Federal Realty, Donnelly's other retail pick, also looked chancy at the start of 2003. "Federal owns Santana Row, an asset everyone loves to hate," Donnelly says. "But without Santana Row, the company's core shopping center portfolio was roughly worth its December 2002 stock price. At the time, most strip center REITs were trading at 10 percent to 20 percent premiums to net asset value. I figured that whatever Santana Row was worth, it was definitely not zero."
While Santana Row led the market to undervalue Federal, Donnelly valued the stock, picked it, and earned a return of 44.53 percent.
Donnelly hedged his lodging bets with Innkeepers, an extended-stay REIT, and LaSalle, an upscale full-service hotel REIT. "They seemed like a yin and yang for each other," he says.
Intuition has its ups and downs. LaSalle paid off with a 40.19 percent return. However, Innkeepers returned less than any other Donnelly selection, growing just 11.84 percent for the year.
Senior Housing, Donnelly's only pick outside his area of
expertise, returned 78.63 percent for the year—the highest in his portfolio. Donnelly picked the stock on the advice of a colleague, who described the Senior Housing dividend of 12 percent as extremely safe.
"At that time, the average dividend yield on REITs was running about 7 percent and maybe lower," Donnelly says, adding that the downside at the time involved management issues. While institutional investors might balk at a company with management problems, Donnelly theorized that the dividend would attract individual investors looking for high yields. "That theory proved out," he says.
While staying away from picking specific companies for 2004, Donnelly remains intuitively optimistic about the lodging and retail categories that paced his 2003 Stock Challenge performance.
"As the economy turns the corner, I think investors will be looking for ways to leverage up with lodging," he says. "In retail, consumers remain strong as the economy begins to rebound. This bodes well for retail—as long as economic growth is consistent, steady and mild. But if the economy grows rapidly, I think investors might shift into properties like apartments, where the economy's impact may be stronger."
 LEE SCHALOP Banc of America Securities |
SCHALOP
Went By The Numbers
Following a detailed analysis of real estate company performances in each major property category, Schalop and the Banc of America Securities research team expected a good but not remarkable 2003. In early January 2003, Schalop co-authored a research report that predicted 12 percent growth in the RMS, one of the highest of any REIT analyst. The prediction was based on a dividend yield of 7 percent for the index, average cash-flow growth of 0.2 percent, and a slight growth in multiples.
For the Portfolio Stock Challenge, Schalop shaved a little bit off that 12 percent forecast and predicted a rise to 475 for the RMS. He also predicted that the NAREIT Index would rise to 3,960 from 3,552, an 11.5 percent increase.

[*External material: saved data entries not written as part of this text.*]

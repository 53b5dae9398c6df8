-- ===== src/Algod/World/Loads.antt =====
-- A load of a block returns, whatever the nodes answer, if no `GenerateBlock` panics:
-- LoadBlockSync of internal/algod/cluster.go.
use mathlib.Core.Option
use algo_vnode.Prelude.{
  ℕ, ◌≢◌, refl, Bool, Bool-cases, true, false, List, [], ◌∷◌, Option, none, some, inl, inr, ltb,
  add64, sub64, arith, subst, some_unique,
}
use algo_vnode.Algod.Blocks.{try_nodes, then_nodes, load_block_sync}
use algo_vnode.Algod.Client.{Reply}
use algo_vnode.Algod.Cluster.{sink_error, ledger_error}
use algo_vnode.Algod.Float.{Float}
use algo_vnode.Algod.State.{Cluster}
use algo_vnode.Algod.Total.Turns.{fetch_block_raw-Returns}
use algo_vnode.Algod.Total.{Returns}
use algo_vnode.BlockCache.Lru.{Lru}
use algo_vnode.BlockCache.Reach.{add_block-Keeps}
use algo_vnode.BlockCache.Safety.{UnifiedIsValid}
use algo_vnode.BlockCache.Unified.{catchup_size}
use algo_vnode.BlockFetcher.Make.{Codec}
use algo_vnode.BlockFetcher.Wrap.{error_wrap}

module _ (fl : Float) (lru : Lru) {C : Type 0} (now : ℕ) (cd : Codec C)
    (replies : ℕ → List (Reply (List ℕ)))
    (sound : (block : C) → cd.generate_block block ≢ none) where
  try_nodes-Returns :
      (round : ℕ) (ns : List ℕ) (gs : Cluster fl lru C)
      → UnifiedIsValid lru gs.ucache
      → Returns fl lru (try_nodes fl lru now cd replies round ns gs)
  unfolding try_nodes
  try_nodes-Returns round [] gs v = (gs, false, refl, v)
  try_nodes-Returns round (n ∷ ns) gs v =
      let (g, got, e, w) = fetch_block_raw-Returns fl lru now n cd sound round (replies n) gs v in
      elim (Bool-cases got) [
        | inl t ↦ (g, true, rw (e, try_nodes) (rw (t, try_nodes) refl), w)
        | inr t ↦
            let (h, b, f, x) = try_nodes-Returns round ns g w in
            (h, b, rw (e, try_nodes) (rw (t, try_nodes) f), x)
      ]

  then_nodes-Returns :
      (round : ℕ) (ns : List ℕ) (r : Option (Cluster fl lru C × Bool))
      → Returns fl lru r
      → Returns fl lru (then_nodes fl lru now cd replies round ns r)
  then_nodes-Returns round ns none (g, b, e, v) = absurd (ground arith)
  then_nodes-Returns round ns (some (g, true)) r = r
  then_nodes-Returns round ns (some (g, false)) (h, b, e, v) =
      try_nodes-Returns round ns g
        (subst (λ x. UnifiedIsValid lru x.0.ucache) (some_unique e refl) v)

  refused-Returns :
      (round : ℕ) (gs : Cluster fl lru C)
      → UnifiedIsValid lru gs.ucache
      → Returns fl lru (Option.map (λ g. (g, false)) (sink_error fl lru round none gs))
  unfolding sink_error
  refused-Returns round gs v =
      let (u, e, k) = add_block-Keeps lru gs.ucache (error_wrap round ledger_error) v in
      (record gs { ucache = u }, false, rw e refl, k.valid)

  -- The load comes back, and the cache is in order.
  pub load_block_sync-Returns :
      (round : ℕ) (gs : Cluster fl lru C)
      → UnifiedIsValid lru gs.ucache
      → Returns fl lru (load_block_sync fl lru now cd replies round gs)
  unfolding load_block_sync
  load_block_sync-Returns round gs v = elim (Bool-cases (ltb gs.latest_round round)) [
    | inl e ↦ rw (e, load_block_sync) (refused-Returns round gs v)
    | inr e ↦ elim (Bool-cases (ltb (add64 (sub64 gs.latest_round catchup_size) 4) round)) [
      | inl f ↦
          rw (e, f, load_block_sync)
            (then_nodes-Returns round gs.arch_nodes _
              (try_nodes-Returns round gs.catchup_nodes gs v))
      | inr f ↦ rw (e, f, load_block_sync) (try_nodes-Returns round gs.arch_nodes gs v)
    ]
  ]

Even though he produced one of the most aggressive forecasts in the industry, Schalop's research also noted a possible hiccup in his projections. Between 1978 and 2002, real estate stocks generated consecutive double-digit total returns in three or more years only four times (1975 to 1980; 1982
to 1986; 1991 to 1993; and 1995 to 1997). Double-digit growth in 2003 would mark a fourth consecutive year. Was a fourth year in the cards?
Turns out it was more than in the cards as both the NAREIT and RMS indices made dramatic gains again in 2003. The NAREIT Index ended 2003 at 4,871.12, about 900 points higher than Schalop predicted. The RMS shot up to 585.25, a full 110 points over Schalop's estimate.
"I was surprised by the strength of real estate stocks in 2003," he says. "I think two major factors caused the indices to go up so much. First, fund flows, including open-end, closed-end, and institutional flows, exceeded $10 billion in 2003. Second, there was a lack of other yield alternatives."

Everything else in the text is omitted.